Olivia MARTIN, chargée de l’intégration des réseaux, Global Youth Action Network, Brésil, a d’abord expliqué que parmi les principaux composants de l’éducation à la paix figurent des techniques non violentes de résolution des conflits, des techniques de médiation et des jeux qui peuvent être enseignés et menés dans les écoles.  Cette éducation porte aussi sur les causes fondamentales de la violence: racisme, sexisme et violations des droits de l’honmme.  Mme Martin a rappelé que la campagne mondiale pour l’éducation à la paix vise à diffuser ces idées et ces pratiques dans le cadre de l’école et en dehors.  Il s’agit de méthodes éducatives participatives qui incluent, entre autres, une reflexion sur les dépenses allouées au développement et les dépenses militaires: par exemple, une réduction de 10% des dépenses mondiales militaires pendant 10 ans permettrait d’éradiquer la pauvreté.  Education qui vise également à ne plus glorifier les héros militaires.


Concernant les acteurs chargés de promouvoir l’éducation à la paix, Mme Martin a cité les jeunes, les autochtones et les femmes.  C’est pourquoi le Global Youth Action Network cherche à associer les jeunes aux processus décisionnels, à promouvoir les outils de conscientisation par le biais notamment du site Web.  Les jeunes, selon Mme Martin, sont des agents clés dans la promotion de la paix car ils sont déterminés et enthousiastes.  En second lieu, il est temps que la civilisation occidentale abandonne sa politique impérialiste à prétention universaliste, reconnaisse la diversité des cultures et des systèmes de valeurs et se mettre à l’écoute des autochtones, a estimé Mme Martin.  Enfin, elle a plaidé en faveur d’une participation plus active des femmes aux mouvements de la culture de la paix, ce qui passe par des droits égaux pour les petites filles en termes de scolarisation et par l’inclusion de davantage de femmes dans les processus visant à résoudre les conflits.  L’éducation à la paix est essentielle pour encourager une pensée critique et indépendante et conscientiser les médias, a-t-elle conclu.
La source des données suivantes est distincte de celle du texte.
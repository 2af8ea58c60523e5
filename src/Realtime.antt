-- ===== src/Realtime.antt =====
-- backend/src/http/realtime.ts: the live loops that feed the reads, built from the poller of
-- backend/src/chain/poller.ts and the ticks of backend/src/earnings/snapshotter.ts.
pub mod Boot
mod Tests
use sorosense.Base.{
  ℕ, ◌+◌, ◌-◌, String, Bool, true, false, Option, none, some, List, [], ◌∷◌, ltb, get_or,
  if◌then◌else◌,
}
use mathlib.Core.Option
use sorosense.Int.{ℤ, pos, negsuc}
use sorosense.Text.{parse_int}
use sorosense.Real.{truthy}
use sorosense.Chain.Reader.{Native, DecodedEvents}
use sorosense.Chain.Store.{EventStore, new_store}
use sorosense.Chain.Poller.{EventSource, Poll, poll}
use sorosense.Snapshots.{SnapshotStore, Sampling, Ticked, snapshot_tick}
use sorosense.Quotes.{all_currencies}

abbrev pub default_event_poll_ms : ℕ
default_event_poll_ms = 10_000

abbrev pub default_snapshot_interval_ms : ℕ
default_snapshot_interval_ms = 60_000

abbrev pub retention_margin_ledgers : ℕ
retention_margin_ledgers = 120_000

-- The environment variables that the boot looks at.
pub record RealtimeEnv : Type 0 where
  pub vault_contract_id : Option String
  pub stellar_rpc_url : Option String
  pub stellar_network_passphrase : Option String
  pub keeper_secret : Option String
  pub vault_start_ledger : Option String
  pub event_poll_ms : Option String
  pub snapshot_interval_ms : Option String

abbrev pub is_set : Option String → Bool
is_set o = elim (truthy o) [ none ↦ false | some s ↦ true ]

unfoldable pub is_integration_env : RealtimeEnv → Bool
is_integration_env env =
    if is_set env.vault_contract_id
    then (if is_set env.stellar_rpc_url
        then (if is_set env.stellar_network_passphrase then is_set env.keeper_secret else false)
        else false)
    else false

-- A number above zero.
abbrev pub positive : Option ℤ → Option ℕ
positive none = none
positive (some (negsuc n)) = none
positive (some (pos n)) = if ltb 0 n then some n else none

unfoldable pub int_env : Option String → ℕ → ℕ
int_env none fallback = fallback
int_env (some raw) fallback = get_or (positive (parse_int raw)) fallback

abbrev pub configured_ledger : Option String → Option ℕ
configured_ledger none = none
configured_ledger (some raw) = positive (parse_int raw)

-- `Math.max(1, latest - margin)`
abbrev pub clamped_ledger : ℕ → ℕ
clamped_ledger latest =
    if ltb 1 (latest - retention_margin_ledgers) then latest - retention_margin_ledgers else 1

-- What the boot is given: the read of the latest ledger (none where it rejects), the source from a
-- ledger on, and the share prices with the clock, over one world.
pub record Feeds (W ScVal : Type 0) : Type 0 where
  pub read_latest_ledger : W → Option ℕ × W
  pub create_source : ℕ → EventSource W ScVal
  pub sampling : Sampling W

-- The fields of `deps` that the loops write, with the store behind them and the number of calls of
-- `onError`.
pub record Live (W ScVal : Type 0) : Type 0 where
  pub store : EventStore ScVal
  pub events : DecodedEvents
  pub snapshots : SnapshotStore
  pub world : W
  pub errors : ℕ

-- The handle, and the intervals of its loops.
pub record Handle : Type 0 where
  pub start_ledger : ℕ
  pub event_poll_ms : ℕ
  pub snapshot_ms : ℕ

abbrev pub one_more : Bool → ℕ → ℕ
one_more true n = 1 + n
one_more false n = n

module _ {W ScVal : Type 0} (to_native : ScVal → Native) (parse_date : String → Option ℕ)
    (feeds : Feeds W ScVal) where
  unfoldable pub resolve_start_ledger : RealtimeEnv → W → Option ℕ × W
  resolve_start_ledger env w = elim (configured_ledger env.vault_start_ledger) [
    | some ledger ↦ (some ledger, w)
    | none ↦
        (Option.map clamped_ledger (feeds.read_latest_ledger w).0, (feeds.read_latest_ledger w).1)
  ]

  abbrev pub polled : Live W ScVal → Poll W ScVal → Live W ScVal
  polled live p = record live {
    store = p.store;
    events = get_or p.update live.events;
    world = p.world;
    errors = one_more p.reported live.errors;
  }

  -- One poll, of the source from a ledger on.
  unfoldable pub live_poll : ℕ → Live W ScVal → Live W ScVal
  live_poll ledger live =
      polled live
        (poll (feeds.create_source ledger) to_native parse_date none live.store live.world)

  abbrev pub snapped : Live W ScVal → Ticked W → Live W ScVal
  snapped live t = record live {
    snapshots = t.store;
    world = t.world;
    errors = one_more t.rejected live.errors;
  }

  unfoldable pub live_snapshot : Live W ScVal → Live W ScVal
  live_snapshot live =
      snapped live (snapshot_tick feeds.sampling all_currencies live.snapshots live.world)

  -- From the ledger on: one poll and one snapshot before the loops start.
  abbrev pub boot : RealtimeEnv → ℕ → Live W ScVal → Option Handle × Live W ScVal
  boot env ledger live = (
    some (record {
      start_ledger = ledger;
      event_poll_ms = int_env env.event_poll_ms default_event_poll_ms;
      snapshot_ms = int_env env.snapshot_interval_ms default_snapshot_interval_ms;
    }),
    live_snapshot (live_poll ledger live),
  )

  -- `startRealtime` on the fields of `deps`; no handle is `null`.
  unfoldable pub start_realtime :
      RealtimeEnv → DecodedEvents → SnapshotStore → W → Option Handle × Live W ScVal
  start_realtime env events snapshots w =
      let given : Live W ScVal = record {
        store = new_store;
        events = events;
        snapshots = snapshots;
        world = w;
        errors = 0;
      } in
      if is_integration_env env
      then elim (resolve_start_ledger env w).0 [
        | none ↦ (none, record given { world = (resolve_start_ledger env w).1; errors = 1 })
        | some ledger ↦ boot env ledger (record given { world = (resolve_start_ledger env w).1 })
      ]
      else (none, given)

  -- What the loops do from then on, in any order: each handler is fail-soft and none overlaps itself.
  pub data Runs (ledger : ℕ) (live : Live W ScVal) : Live W ScVal → Type 0 where
    booted : Runs ledger live live
    then_poll : {l : Live W ScVal} → Runs ledger live l → Runs ledger live (live_poll ledger l)
    then_snapshot : {l : Live W ScVal} → Runs ledger live l → Runs ledger live (live_snapshot l)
Margaret DABOR, membre de la Comission nationale pour la démocratie et les droits de l’homme, Sierra Leone, a rappelé que la nature des conflits a changé: ce sont désormais des enfants qui sont mobilisés, et des femmes, des enfants et des personnes âgées qui sont identifiés comme ennemi.  Dans ce contexte, l’éducation à la paix est un instrument puissant de réconciliation.  Là où des générations entières n’ont vécu que dans la guerre, ce qui a des effets psychologiques durables, il importe d’empêcher la répétition des tragédies.  En Sierra Leone, la guerre civile de 10 ans (1991-2001) a été marquée par des violations des droits de l’homme sans précédent.  Aujourd’hui, la nouvelle politique d’éducation du pays, en accord avec celle des autres pays du fleuve Mano, promeut le développement des individus dans l’objectif de la construction d’une société libre, juste et pacifique, démocratique, morale et disciplinée.  Des séminaires sont organisés à l’intention des pédagogues et des activités novatrices sont menées à bien grâce à la coopération de l’UNICEF.  Le programme comprend également des cours d’information sur le VIH/sida.  Mais la mobilisation des ressources reste le principal défi à relever, a conclu Mme Dabor. 


JUDY GASPARD, Proviseur du Collège de Grand Caillou, en Louisiane, a expliqué que 43% des élèves de son collège sont blancs, 37% amérindiens et 17% sont noirs; plus de 45% des parents d’élèves n’ont pas reçu d’éducation.  Cela n’empêche pas les enfants de quitter le collège bien formés car tout le monde participe aux modules éducatifs, les parents y compris.  Des médiateurs sont actifs pour aider les enfants tandis que le collège favorise également les handicapés qui disposent d’équipements adaptés.  Un programme de lecture souple a permis d’adapter le système d’apprentissage à chaque enfant, à son propre rythme.  Ce programme de lecture nous a fait comprendre que les enfants apprennent mieux lorsqu’ils évoluent à leur propre rythme, a-t-elle dit, certains n’aiment pas lire le matin, d’autres l’après-midi, mais ce qui importe, c’est le résultat.  Chaque fin de semaine, nous faisons parvenir aux parents un bulletin qui évalue les progrès de leurs enfants afin qu’ils puissent adapter leur suivi à ces progrès. 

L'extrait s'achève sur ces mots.